Well, we took the plunge and ordered ourselves a brand new '05 28RS-DS today.
Don't have the exact production date yet, but should see the TT around the first of March.

[ UPDATE: Just received word from the dealer. Off-the-line production date is scheduled for 2/5/05. In our hands before the end of February







]

Of note, the dealer actually talked me out of a sway control hitch. His contention is that they are not needed on this size trailer, and are a real pain to live with (having to disconnect the sway control to do ANY maneuvering). As it was not really in his interest to sell me a cheaper set-up, I figure we will give it a try. If sway is a problem, we can alway change the hitch.

Now all we have to do is wait five...long....excruciating....weeks









Anyway, we look forward to being an 'official' member of the Outbackers community, and want to thank you all for the good and friendly advise you have offered over the past few months. I hope we can do the same in the future.

Thank you all, and if you are ever going to be camping in our neck of the woods (Portland, OR), drop us a line. action


----------



## dwest369 (Feb 2, 2004)

Hi

Great news, I hope to join the Outbacker's Owner Club soon as well. Were you able to get a good deal on the price. What type of Hitch did you end up with? What type of Brake Controller did you get? I known I'm being a bit noisy. Its becase I'm so close to joining you. You can reply off line if you want. [email protected]

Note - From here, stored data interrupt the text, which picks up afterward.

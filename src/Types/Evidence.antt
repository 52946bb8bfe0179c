-- ===== src/Types/Evidence.antt =====
-- Bounded text and typed evidence (crates/fidelity-types/src/evidence.rs).
pub mod Bounds
use fidelity.Common.{
  ℕ, zero, suc, Bool, true, false, not, ◌&&◌, Option, none, some, ◌==◌, ltb, leb, if◌then◌else◌,
  length, get_elem?, take,
}
use fidelity.Common.Text.{Text}

abbrev pub max_evidence_bytes : ℕ
max_evidence_bytes = 4096

pub record BoundedText : Type 0 where
  pub text : Text
  pub truncated : Bool

-- A byte that continues a character: `(byte as i8) < -0x40`.
abbrev pub is_continuation : ℕ → Bool
is_continuation b = leb 128 b && ltb b 192

-- `str::is_char_boundary`.
pub is_char_boundary : Text → ℕ → Bool
is_char_boundary t zero = true
is_char_boundary t (suc i) = elim (get_elem? t (suc i)) [
  | none ↦ suc i == length t
  | some b ↦ not (is_continuation b)
]

-- `while end > 0 && !text.is_char_boundary(end) { end -= 1; }`
pub step_back : Text → ℕ → ℕ
step_back t zero = zero
step_back t (suc end) =
    let rest = step_back t end in if is_char_boundary t (suc end) then suc end else rest

-- The cut at a limit; `BoundedText::new` takes `max_evidence_bytes`.
pub bounded : ℕ → Text → BoundedText
bounded limit t =
    if leb (length t) limit
    then record { text = t; truncated = false }
    else record { text = take (step_back t limit) t; truncated = true }

pub new : Text → BoundedText
new t = bounded max_evidence_bytes t

pub data Evidence : Type 0 where
  detector_health image_untrusted unexpected_identity tracer_present : BoundedText → Evidence
  unaccounted_code local_instrumentation_agent unregistered_image : BoundedText → Evidence
  code_added_after_start code_made_writable dispatch_redirected : BoundedText → Evidence
  development_build unverified_boot interface_observed : BoundedText → Evidence
  virtual_machine_host simulated_environment : BoundedText → Evidence

unfoldable pub is_detector_health : Evidence → Bool
is_detector_health (detector_health detail) = true
is_detector_health _ = false
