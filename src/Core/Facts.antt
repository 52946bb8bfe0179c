-- ===== src/Core/Facts.antt =====
-- The facts that a probe reports, each as an observation (crates/fidelity-core/src/observation.rs
-- and crates/fidelity-core/src/fact).
use Prim.Native.String.{String}
use fidelity.Common.{ℕ, Option, List}
use fidelity.Types.Evidence.{BoundedText}

-- What a capability answers.
pub data Observation (T : Type 0) : Type 0 where
  fact : T → Observation T
  unsupported : String → Observation T
  failed : BoundedText → Observation T

pub data TracerState : Type 0 where
  no_tracer : TracerState
  tracer_present : BoundedText → TracerState

pub data MachineHost : Type 0 where
  hardware : MachineHost
  virtual_machine simulated : BoundedText → MachineHost

pub data SystemBuild : Type 0 where
  released : SystemBuild
  development : BoundedText → SystemBuild

pub data CodeOrigin : Type 0 where
  accounted : CodeOrigin
  unaccounted : ℕ → BoundedText → CodeOrigin

pub data ImageCatalogState : Type 0 where
  catalogued : ImageCatalogState
  unregistered : ℕ → BoundedText → ImageCatalogState

pub data LocalAgentState : Type 0 where
  no_agent : LocalAgentState
  agent_present : BoundedText → LocalAgentState

pub data BootVerification : Type 0 where
  verified : BootVerification
  unverified : BoundedText → BootVerification

pub data PlatformTrust : Type 0 where
  accepted : PlatformTrust
  rejected : BoundedText → PlatformTrust
  unavailable : String → PlatformTrust

pub record Signer : Type 0 where
  pub material : List ℕ
  pub label : BoundedText

pub record CodeIdentity : Type 0 where
  pub trust : PlatformTrust
  pub signer : Option Signer

pub data IdentityMatch : Type 0 where
  same : IdentityMatch
  different : BoundedText → IdentityMatch
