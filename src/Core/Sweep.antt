-- ===== src/Core/Sweep.antt =====
-- The shape of the three comparisons of snapshots: one pass over the current entries, with a
-- position in the earlier ones that only moves forward.
use fidelity.Common.{
  ◌≡◌, refl, sym, ◌∙◌, Bool, true, false, Option, none, some, List, [], ◌∷◌, if◌then◌else◌, keep,
  All, Bool-cases, inl, inr,
}
use mathlib.Core.List.{head?}
use fidelity.Common.Sort.{Ordered}

module _ {A B : Type 0} (skip : A → B → Bool) (hit : A → Option B → Bool) where
  -- `while earlier.get(known).is_some_and(..) { known += 1; }`; the list is the earlier entries
  -- from `known` on.
  abbrev pub advance : A → List B → List B
  advance a [] = []
  advance a (b ∷ bs) = let rest = advance a bs in if skip a b then rest else b ∷ bs

  -- The loop over the current entries; `hit` reads the entry at `known`, if there is one.
  abbrev pub sweep : List A → List B → List A
  sweep [] known = []
  sweep (a ∷ others) known =
      let known' = advance a known in
      let rest = sweep others known' in if hit a (head? known') then a ∷ rest else rest

-- What a pass needs in order to find what a search of all earlier entries finds.
pub record Sweeps {A B : Type 0} (skip : A → B → Bool) (hit : A → Option B → Bool)
    (le : A → A → Bool) (below : B → B → Bool) (found : A → List B → Bool) : Type 0 where
  -- An entry that is passed over for one is passed over for all that follow it.
  pub skip_mono : (a a' : A) (b : B) → le a a' ≡ true → skip a b ≡ true → skip a' b ≡ true
  -- An entry that is passed over plays no part.
  pub found_skip : (a : A) (b : B) (bs : List B) → skip a b ≡ true → found a (b ∷ bs) ≡ found a bs
  pub found_none : (a : A) → found a [] ≡ hit a none
  -- The first entry that is not passed over decides.
  pub found_first :
      (a : A) (b : B) (bs : List B)
      → skip a b ≡ false
      → All (λ c. below b c ≡ true) bs
      → found a (b ∷ bs) ≡ hit a (some b)

module _ {A B : Type 0} {skip : A → B → Bool} {hit : A → Option B → Bool} {le : A → A → Bool}
    {below : B → B → Bool} {found : A → List B → Bool} (s : Sweeps skip hit le below found) where
  advance-Ordered :
      (a : A) (known : List B) → Ordered below known → Ordered below (advance skip hit a known)
  advance-Ordered a [] h = tt
  advance-Ordered a (b ∷ bs) h = elim (Bool-cases (skip a b)) [
    | inl e ↦ rw e (advance-Ordered a bs h.1)
    | inr e ↦ rw e h
  ]

  found-advance :
      (a a' : A) (known : List B)
      → ((b : B) → skip a b ≡ true → skip a' b ≡ true)
      → found a' known ≡ found a' (advance skip hit a known)
  found-advance a a' [] up = refl
  found-advance a a' (b ∷ bs) up = elim (Bool-cases (skip a b)) [
    | inl e ↦ rw e (s.found_skip a' b bs (up b e) ∙ found-advance a a' bs up)
    | inr e ↦ rw e
  ]

  found-hit :
      (a : A) (known : List B)
      → Ordered below known
      → found a (advance skip hit a known) ≡ hit a (head? (advance skip hit a known))
  found-hit a [] h = s.found_none a
  found-hit a (b ∷ bs) h = elim (Bool-cases (skip a b)) [
    | inl e ↦ rw e (found-hit a bs h.1)
    | inr e ↦ rw e (s.found_first a b bs e h.0)
  ]

  keep-cong :
      (p q : A → Bool) (others : List A)
      → All (λ a. p a ≡ q a) others
      → keep p others ≡ keep q others
  keep-cong p q [] h = refl
  keep-cong p q (a ∷ others) h = rw (h.0, keep-cong p q others h.1)

  found-advance-All :
      (a : A) (others : List A) (known : List B)
      → All (λ a'. le a a' ≡ true) others
      → All (λ a'. found a' (advance skip hit a known) ≡ found a' known) others
  found-advance-All a [] known h = tt
  found-advance-All a (a' ∷ others) known h = (
    sym (found-advance a a' known (λ b e. s.skip_mono a a' b h.0 e)),
    found-advance-All a others known h.1,
  )

  -- One pass over ordered entries keeps what a search of all earlier entries would keep.
  pub sweep-keep :
      (others : List A) (known : List B)
      → Ordered le others
      → Ordered below known
      → sweep skip hit others known ≡ keep (λ a. found a known) others
  sweep-keep [] known ha hk = refl
  sweep-keep (a ∷ others) known ha hk =
      let first : found a known ≡ hit a (head? (advance skip hit a known)) =
        found-advance a a known (λ b e. e) ∙ found-hit a known hk in
      let rest : sweep skip hit others (advance skip hit a known)
          ≡ keep (λ a'. found a' known) others =
        sweep-keep others (advance skip hit a known) ha.1 (advance-Ordered a known hk)
        ∙ keep-cong _ _ others (found-advance-All a others known ha.0) in
      rw (← first, rest)
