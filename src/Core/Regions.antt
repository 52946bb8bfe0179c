-- ===== src/Core/Regions.antt =====
-- The executable regions of the process, and what changed since a snapshot
-- (crates/fidelity-core/src/fact/baseline.rs).
pub mod Changes
use fidelity.Common.{
  ℕ, ◌-◌, Bool, true, false, not, ◌&&◌, ◌||◌, Option, none, some, List, ltb, leb, ◌==◌,
  if◌then◌else◌, length, take, keep,
}
use fidelity.Common.Sort.{sort}
use fidelity.Core.Sweep.{sweep}

pub record Region : Type 0 where
  pub start : ℕ  -- u64
  pub end : ℕ  -- u64
  pub writable : Bool

-- `saturating_sub`
abbrev pub bytes : Region → ℕ
bytes r = r.end - r.start

pub holds : Region → ℕ → Bool
holds r address = leb r.start address && ltb address r.end

-- The derived order: by start, then by end, then `false` before `true`.
pub region_le : Region → Region → Bool
region_le a b =
    ltb a.start b.start
    || (a.start == b.start
        && (ltb a.end b.end || (a.end == b.end && (not a.writable || b.writable))))

abbrev pub max_regions : ℕ
max_regions = 1024

pub record CodeRegions : Type 0 where
  pub regions : List Region
  pub truncated : Bool

pub new : List Region → CodeRegions
new regions =
    let sorted = sort region_le regions in
    record { regions = take max_regions sorted; truncated = ltb max_regions (length sorted) }

-- `earlier.regions.get(known).is_some_and(|candidate| candidate.end() <= region.start())`
abbrev pub ended_before : Region → Region → Bool
ended_before region candidate = leb candidate.end region.start

-- `!earlier.regions.get(known).is_some_and(|candidate| candidate.holds(region.start()))`
abbrev pub not_held : Region → Option Region → Bool
not_held region none = true
not_held region (some candidate) = not (holds candidate region.start)

pub added_since : CodeRegions → CodeRegions → List Region
added_since current earlier = sweep ended_before not_held current.regions earlier.regions

abbrev pub starts_before : Region → Region → Bool
starts_before region candidate = ltb candidate.start region.start

abbrev pub opened_at : Region → Option Region → Bool
opened_at region none = false
opened_at region (some candidate) = candidate.start == region.start && not candidate.writable

pub now_writable_since : CodeRegions → CodeRegions → List Region
now_writable_since current earlier =
    sweep starts_before opened_at (keep (λ (r : Region). r.writable) current.regions)
      earlier.regions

Thanks in advance for any help.

Don


----------



## Castle Rock Outbackers (Jan 18, 2004)

First, welcome.

Second, no sway control needed on a trailer that is over 29 feet long? You are right, you'll have to wait and see, but I guess it depends on your TV.

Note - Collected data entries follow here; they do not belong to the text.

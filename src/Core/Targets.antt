-- ===== src/Core/Targets.antt =====
-- The dispatch targets of the main image, and which were redirected since a snapshot
-- (crates/fidelity-core/src/fact/dispatch.rs).
pub mod Changes
use fidelity.Common.{
  ℕ, Bool, true, false, not, ◌&&◌, ◌||◌, Option, none, some, List, ltb, leb, ◌==◌, length, take,
}
use fidelity.Common.Sort.{sort}
use fidelity.Core.Sweep.{sweep}

pub record Target : Type 0 where
  pub slot : ℕ  -- u64
  pub value : ℕ  -- u64

-- The derived order: by slot, then by value.
pub target_le : Target → Target → Bool
target_le a b = ltb a.slot b.slot || (a.slot == b.slot && leb a.value b.value)

abbrev pub max_targets : ℕ
max_targets = 4096

pub record DispatchTargets : Type 0 where
  pub targets : List Target
  pub bound : Bool
  pub truncated : Bool

pub new : List Target → Bool → DispatchTargets
new targets bound =
    let sorted = sort target_le targets in
    record {
      targets = take max_targets sorted;
      bound = bound;
      truncated = ltb max_targets (length sorted);
    }

abbrev pub slot_before : Target → Target → Bool
slot_before target candidate = ltb candidate.slot target.slot

abbrev pub moved_at : Target → Option Target → Bool
moved_at target none = false
moved_at target (some candidate) =
    candidate.slot == target.slot && not (candidate.value == target.value)

pub redirected_since : DispatchTargets → DispatchTargets → List Target
redirected_since current start = sweep slot_before moved_at current.targets start.targets
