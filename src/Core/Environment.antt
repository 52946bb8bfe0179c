-- ===== src/Core/Environment.antt =====
-- The capabilities of one target, as a detector reads them during one scan
-- (crates/fidelity-core/src/environment.rs and crates/fidelity-core/src/capability).
--
-- The probes of the platforms stand behind this record: the operating system answers there, and
-- a call may panic.
use fidelity.Types.Identity.{ExpectedIdentity}
use fidelity.Core.Facts.{
  Observation, TracerState, MachineHost, SystemBuild, CodeOrigin, ImageCatalogState,
  LocalAgentState, BootVerification, CodeIdentity, IdentityMatch,
}
use fidelity.Core.Regions.{CodeRegions}
use fidelity.Core.Targets.{DispatchTargets}

-- A call of code that may unwind.
pub data Call (T : Type 0) : Type 0 where
  returned : T → Call T
  panicked : Call T

infixl 5 ◌>>=◌
abbrev pub ◌>>=◌ : {A B : Type 0} → Call A → (A → Call B) → Call B
returned a >>= f = f a
panicked >>= f = panicked

pub record Environment : Type 0 where
  pub code_identity : Call (Observation CodeIdentity)
  pub identity_match : ExpectedIdentity → Call (Observation IdentityMatch)
  pub tracer_state : Call (Observation TracerState)
  pub code_origin : Call (Observation CodeOrigin)
  pub image_catalog_state : Call (Observation ImageCatalogState)
  pub dispatch_targets : Call (Observation DispatchTargets)
  pub code_regions : Call (Observation CodeRegions)
  pub system_build : Call (Observation SystemBuild)
  pub boot_verification : Call (Observation BootVerification)
  pub machine_host : Call (Observation MachineHost)
  pub local_agent_state : Call (Observation LocalAgentState)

My dealer told me the same thing. We tow with a Yukon XL (just over 18' long itself) and we are towing a 26 RS (just over 26' long). The dealer reps said, "Oh, no problem there, you'll be fine with the Yukon XL." And honestly, we have been.

When we are passing (or are being passed) by big rigs, I feel the trailer is in control, and the Yukon is in charge, not the camper. So for now, (and the prior 8 trips we have taken), we are sway control-less.

Randy


----------



## camping479 (Aug 27, 2003)

Congrats on your purchase









I hope I don't come across too strongly here;

I'm going to recommend you get some sway control. The time to find out you need it is not when you are swaying all over the place. You've got a pretty long trailer and it could take over your truck in the blink of an eye.

For your length trailer, unless you want to spend $2700 on a hensley, I'd say the reese dual cam system or the equal-i-zer system. Both are good systems and several members here run with them and hopefully they will add some input as well. I use a friction bar on mine, but I have a short and pretty light trailer, you'll need more than that. As far as manuevering and backing up, you can back up with the dual cam or equalizer system without worrying about it. I remove my friction bar at the entrance to a campground just in case I get jacked around to far and risk snapping it. It's really not an inconvenience at all.

I think you should seriously consider adding some sway control, don't wait to find out the hard way you need it.

Mike


----------



## Campfire Squad (Nov 15, 2004)

Congratulations on your new camper !! We bought a new 5ver back in November and can't wait for warm weather to go camping. Think spring.








action


----------



## hatcityhosehauler (Feb 13, 2004)

First and foremost, congratulations on the new purchase. I'm sure you will have many happy memories in your new Outback.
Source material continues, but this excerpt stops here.